Am I moving through too fast?

So, this individual is contemplating whether they’ve cultivated enough value to transition to the meet-up phase.

My perspective?


One crucial indicator to monitor is achieving a balanced communication ratio.

Ideally, you should aim for a 1:1 text exchange: for every message you send, they should send one in return.

  • If you find yourself sending two texts for every single one they send, that’s not favorable.
  • Conversely, if they send two texts in response to your one, that’s a promising sign.

Additionally, pay attention to the nuances, as this person did.

The reintroduction of pet names, the frequency of conversations (four to five times), and progressing to the phone call stage are all positive indicators. Mentions oscillating between ‘girlfriend’ and ‘ex-girlfriend’ also provide valuable insights.

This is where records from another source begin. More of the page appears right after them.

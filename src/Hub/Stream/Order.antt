-- ===== src/Hub/Stream/Order.antt =====
-- What a subscriber of internal/service/hub.go is sent, and in which order.
use bs_notify_hub.Prelude.{
  ℕ, ◌≡◌, refl, ap, sym, ◌∙◌, String, Bool, true, false, Option, none, some, List, [], ◌∷◌, ◌++◌,
  length, same_iff, nat_key, arith, if_cases_at, Bool-cases, ◌⊎◌, inl, inr, append-nil,
}
use mathlib.Core.List.{append_assoc}
use bs_notify_hub.Pool.Channel.{
  Channels, InternalMsg, WriteResult, written, bad_json, raw_message, set_channel, write, try_send,
  close,
}
use bs_notify_hub.Hub.Stream.{
  SseEvent, message_event, heartbeat_event, Signal, writes, closes, context_done, receives, ticks,
  Stream, write_event, write_data, receive, step, run,
}

-- The events that are no heartbeats.
abbrev pub notices : List SseEvent → List SseEvent
notices [] = []
notices (message_event kind text ∷ es) = message_event kind text ∷ notices es
notices (heartbeat_event t ∷ es) = notices es

notices-append : (xs ys : List SseEvent) → notices (xs ++ ys) ≡ notices xs ++ notices ys
notices-append [] ys = refl
notices-append (message_event kind text ∷ xs) ys =
    ap (λ l. message_event kind text ∷ l) (notices-append xs ys)
notices-append (heartbeat_event t ∷ xs) ys = notices-append xs ys

module _ (decode : String → Option InternalMsg) (marshal : String → Option String)
    (write_fails : ℕ → Bool) (conn : ℕ) where
  abbrev event_of : InternalMsg → Option String → List SseEvent
  event_of msg none = []
  event_of msg (some text) = message_event msg.kind text ∷ []

  -- The events of messages, but for those that cannot be marshalled.
  abbrev pub events_of : List InternalMsg → List SseEvent
  events_of [] = []
  events_of (msg ∷ msgs) = event_of msg (marshal msg.content) ++ events_of msgs

  events_of-append :
      (xs ys : List InternalMsg) → events_of (xs ++ ys) ≡ events_of xs ++ events_of ys
  events_of-append [] ys = refl
  events_of-append (x ∷ xs) ys =
      ap (λ l. event_of x (marshal x.content) ++ l) (events_of-append xs ys)
      ∙ sym (append_assoc (event_of x (marshal x.content)) (events_of xs) (events_of ys))

  -- The message that the channel takes in with a signal.
  abbrev taken_in : Option InternalMsg → WriteResult → List InternalMsg
  taken_in (some msg) written = msg ∷ []
  taken_in _ _ = []

  abbrev pub takes : Signal → Stream → List InternalMsg
  takes (writes payload) s =
      taken_in (decode payload) (write decode conn (raw_message payload) s.channels).1
  takes _ s = []

  -- All messages that the channel takes in, in their order.
  abbrev pub accepted : List Signal → Stream → List InternalMsg
  accepted [] s = []
  accepted (e ∷ es) s = takes e s ++ accepted es (step decode marshal write_fails conn e s)

  -- What was taken in is what was sent, at most one message that was lost in the write that ended
  -- the loop, and what waits.
  abbrev Accounts : List SseEvent → Stream → Type 0
  Accounts all s =
      (lost : List SseEvent) × (all ≡ notices s.out ++ (lost ++ events_of (s.channels conn).queue))
      × (s.ended ≡ false → lost ≡ [])

  append_middle :
      (xs lost queue more : List SseEvent)
      → (xs ++ (lost ++ queue)) ++ more ≡ xs ++ (lost ++ (queue ++ more))
  append_middle xs lost queue more = simp append_assoc

  try_send-taken_in :
      (msg : InternalMsg) (cs : Channels)
      → ((try_send conn msg cs).0 conn).queue
        ≡ (cs conn).queue ++ taken_in (some msg) (try_send conn msg cs).1
  unfolding try_send
  try_send-taken_in msg cs = ground (arith, same_iff conn conn, append-nil (cs conn).queue)

  write-taken_in :
      (payload : String) (cs : Channels)
      → ((write decode conn (raw_message payload) cs).0 conn).queue
        ≡ (cs conn).queue
          ++ taken_in (decode payload) (write decode conn (raw_message payload) cs).1
  unfolding write
  write-taken_in payload cs = by_message (decode payload)
    where
      by_message :
          (o : Option InternalMsg)
          → let r : Channels × WriteResult = elim o [
            | none ↦ (cs, bad_json)
            | some msg ↦ try_send conn msg cs
          ] in
            (r.0 conn).queue ≡ (cs conn).queue ++ taken_in o r.1
      by_message none = sym (append-nil (cs conn).queue)
      by_message (some msg) = try_send-taken_in msg cs

  queue-Accounts :
      (taken : List InternalMsg) (cs : Channels) (all : List SseEvent) (s : Stream)
      → (cs conn).queue ≡ (s.channels conn).queue ++ taken
      → Accounts all s
      → Accounts (all ++ events_of taken) (record s { channels = cs })
  queue-Accounts taken cs all s q h = (
    h.0,
    ap (λ l. l ++ events_of taken) h.1
        ∙ append_middle (notices s.out) h.0 (events_of (s.channels conn).queue) (events_of taken)
        ∙ ap (λ l. notices s.out ++ (h.0 ++ l))
            (sym (ap events_of q ∙ events_of-append (s.channels conn).queue taken)),
    h.2,
  )

  writes-Accounts :
      (payload : String) (all : List SseEvent) (s : Stream)
      → Accounts all s
      → Accounts
          (all ++ events_of (takes (writes payload) s))
          (step decode marshal write_fails conn (writes payload) s)
  unfolding step
  writes-Accounts payload all s h =
      queue-Accounts (takes (writes payload) s)
        (write decode conn (raw_message payload) s.channels).0 all s
        (write-taken_in payload s.channels) h

  closes-Accounts :
      (all : List SseEvent) (s : Stream)
      → Accounts all s
      → Accounts (all ++ []) (record s { channels = close conn s.channels })
  unfolding close
  closes-Accounts all s h =
      queue-Accounts [] (close conn s.channels) all s
        (ground (arith, same_iff conn conn, append-nil (s.channels conn).queue)) h

  -- WriteEvent in a loop that has not lost anything.
  event-Accounts :
      (e : SseEvent) (all : List SseEvent) (s : Stream)
      → all ≡ notices s.out ++ (notices (e ∷ []) ++ events_of (s.channels conn).queue)
      → Accounts all (write_event decode marshal write_fails conn e s)
  unfolding write_event
  event-Accounts e all s h =
      if_cases_at (Accounts all) (write_fails (length s.out)) _ _
        (λ f. (notices (e ∷ []), h, λ x. cc))
        (λ f. (
          [],
          h
              ∙ sym (append_assoc (notices s.out) (notices (e ∷ [])) _)
              ∙ ap (λ l. l ++ events_of (s.channels conn).queue)
                  (sym (notices-append s.out (e ∷ []))),
          λ x. refl,
        ))

  queue-set_channel :
      (rest : List InternalMsg) (cs : Channels)
      → (set_channel conn (record (cs conn) { queue = rest }) cs conn).queue ≡ rest
  queue-set_channel rest cs = ground (arith, same_iff conn conn)

  receive-Accounts :
      (q : List InternalMsg) (c : Bool) (all : List SseEvent) (s : Stream)
      → (s.channels conn).queue ≡ q
      → all ≡ notices s.out ++ events_of q
      → s.ended ≡ false
      → Accounts all (receive decode marshal write_fails conn q c s)
  receive-Accounts [] true all s e h n =
      ([], h ∙ ap (λ l. notices s.out ++ events_of l) (sym e), λ x. refl)
  receive-Accounts [] false all s e h n =
      ([], h ∙ ap (λ l. notices s.out ++ events_of l) (sym e), λ x. refl)
  receive-Accounts (msg ∷ rest) c all s e h n = by_text (marshal msg.content) h
    where
      popped : Stream
      popped = record s {
        channels = set_channel conn (record (s.channels conn) { queue = rest }) s.channels;
      }

      by_text :
          (o : Option String)
          → all ≡ notices s.out ++ (event_of msg o ++ events_of rest)
          → Accounts all (write_data decode marshal write_fails conn msg.kind o popped)
      by_text none k = (
        [],
        k ∙ ap (λ l. notices s.out ++ events_of l) (sym (queue-set_channel rest s.channels)),
        λ x. refl,
      )
      by_text (some text) k = event-Accounts (message_event msg.kind text) all popped (
          k
          ∙ ap (λ l. notices s.out ++ (message_event msg.kind text ∷ events_of l))
              (sym (queue-set_channel rest s.channels)))

  step-Accounts :
      (e : Signal) (all : List SseEvent) (s : Stream)
      → Accounts all s
      → Accounts (all ++ events_of (takes e s)) (step decode marshal write_fails conn e s)
  unfolding step
  step-Accounts (writes payload) all s h = writes-Accounts payload all s h
  step-Accounts closes all s h = closes-Accounts all s h
  step-Accounts context_done all s h =
      if_cases_at (Accounts (all ++ [])) s.ended s _ (λ e. (h.0, append-nil all ∙ h.1, h.2))
        (λ e. (h.0, append-nil all ∙ h.1, λ x. cc))
  step-Accounts receives all s h =
      if_cases_at (Accounts (all ++ [])) s.ended s _ (λ e. (h.0, append-nil all ∙ h.1, h.2))
        (λ e.
          receive-Accounts (s.channels conn).queue (s.channels conn).closed (all ++ []) s refl
            (append-nil all ∙ h.1 ∙ rw (h.2 e)) e)
  step-Accounts (ticks t) all s h =
      if_cases_at (Accounts (all ++ [])) s.ended s _ (λ e. (h.0, append-nil all ∙ h.1, h.2))
        (λ e. event-Accounts (heartbeat_event t) (all ++ []) s (append-nil all ∙ h.1 ∙ rw (h.2 e)))

  run-Accounts :
      (es : List Signal) (all : List SseEvent) (s : Stream)
      → Accounts all s
      → Accounts (all ++ events_of (accepted es s)) (run decode marshal write_fails conn es s)
  unfolding run
  run-Accounts [] all s h = (h.0, append-nil all ∙ h.1, h.2)
  run-Accounts (e ∷ es) all s h =
      let k = run-Accounts es (all ++ events_of (takes e s)) _ (step-Accounts e all s h) in
      (
        k.0,
        ap (λ l. all ++ l) (events_of-append (takes e s) _)
            ∙ sym (append_assoc all (events_of (takes e s)) _)
            ∙ k.1,
        k.2,
      )

  -- A subscription that starts on an empty channel.
  abbrev pub fresh_stream : Channels → Stream
  fresh_stream cs = record { channels = cs; out = []; ended = false }

  -- A subscriber is sent the messages that its channel took in, in the order in which they were
  -- taken in and each once, but for those that cannot be marshalled: in every interleaving of the
  -- writers with the loop, the notices that were sent are a beginning of that sequence, and as
  -- long as the loop runs what is left of it is what waits in the channel.
  pub run-order :
      (es : List Signal) (cs : Channels)
      → (cs conn).queue ≡ []
      → let s = run decode marshal write_fails conn es (fresh_stream cs) in
        (rest : List SseEvent) × (events_of (accepted es (fresh_stream cs)) ≡ notices s.out ++ rest)
        × ((s.ended ≡ true) ⊎ (rest ≡ events_of (s.channels conn).queue))
  run-order es cs e =
      let k = run-Accounts es [] (fresh_stream cs) ([], sym (ap events_of e), λ x. refl) in
      let s = run decode marshal write_fails conn es (fresh_stream cs) in
      (
        k.0 ++ events_of (s.channels conn).queue,
        k.1,
        elim (Bool-cases s.ended) [
          | inl e ↦ inl e
          | inr n ↦ inr (ap (λ l. l ++ events_of (s.channels conn).queue) (k.2 n))
        ],
      )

Essentially, if you notice these patterns during the texting phase, as opposed to the phone call stage, it’s a strong indication that you’re well-prepared for the phone call.

How To Transition To The Phone Call Phase (And What To Say)

Many people grapple with transitioning from the texting phase to the phone call phase.

To navigate this, I recommend employing what I term the “phone call transition text.”

Here’s the gist:

  • Engage your ex via text
  • Ensure the conversation flows smoothly
  • Begin to narrate an intriguing story.
  • The story must captivate their attention and be too lengthy to wrap up in a single text.
  • Midway, pause and write, “You know what? I’ll just call you to finish this. It’s too much to type out.”

Their curiosity will drive them to answer the call to hear the conclusion.

The objective is to ingeniously move from texting to calling.

Yet, don’t deploy this tactic unless confident that you have the upper hand—when they’re using endearing nicknames, maintaining regular conversations, ensuring a balanced communication frequency, and responding swiftly.

If these elements align, it’s worth attempting the phone call transition text.

Next, I’d like to highlight what I deem the linchpin of effective phone calls: the conversation flow concept.

Every discussion, be it via text, phone, or face-to-face, possesses its unique rhythm.

Some may soar to exciting peaks, while others might plateau or exhibit fluctuations. Embracing the idea that each conversation has its distinctive flow allows you to harness the power of the Zeigarnik effect.

This psychological phenomenon posits that people more vividly recall unfinished tasks compared to those they’ve completed.

Thus, your ex will more likely remember a conversation you cut short at its climax rather than one that dragged on. The strategy? Engage them deeply, identify the conversation’s zenith, and end it there.

How do you pinpoint the climax?

As a general rule, when you’re most engrossed and wish the talk would never conclude, that’s likely the high point. Concluding a conversation needn’t be intricate or rude.

Perhaps there’s an unforeseen work crisis, or your phone “unexpectedly dies” (when you might’ve simply turned it off), or maybe you’re about to engage in an exciting activity.

The key lies in recognizing the conversation’s pinnacle and making a graceful exit.

This strategy’s potency eclipses the content of your words. Remember, it’s less about who initiates a conversation and more about who concludes it that truly resonates.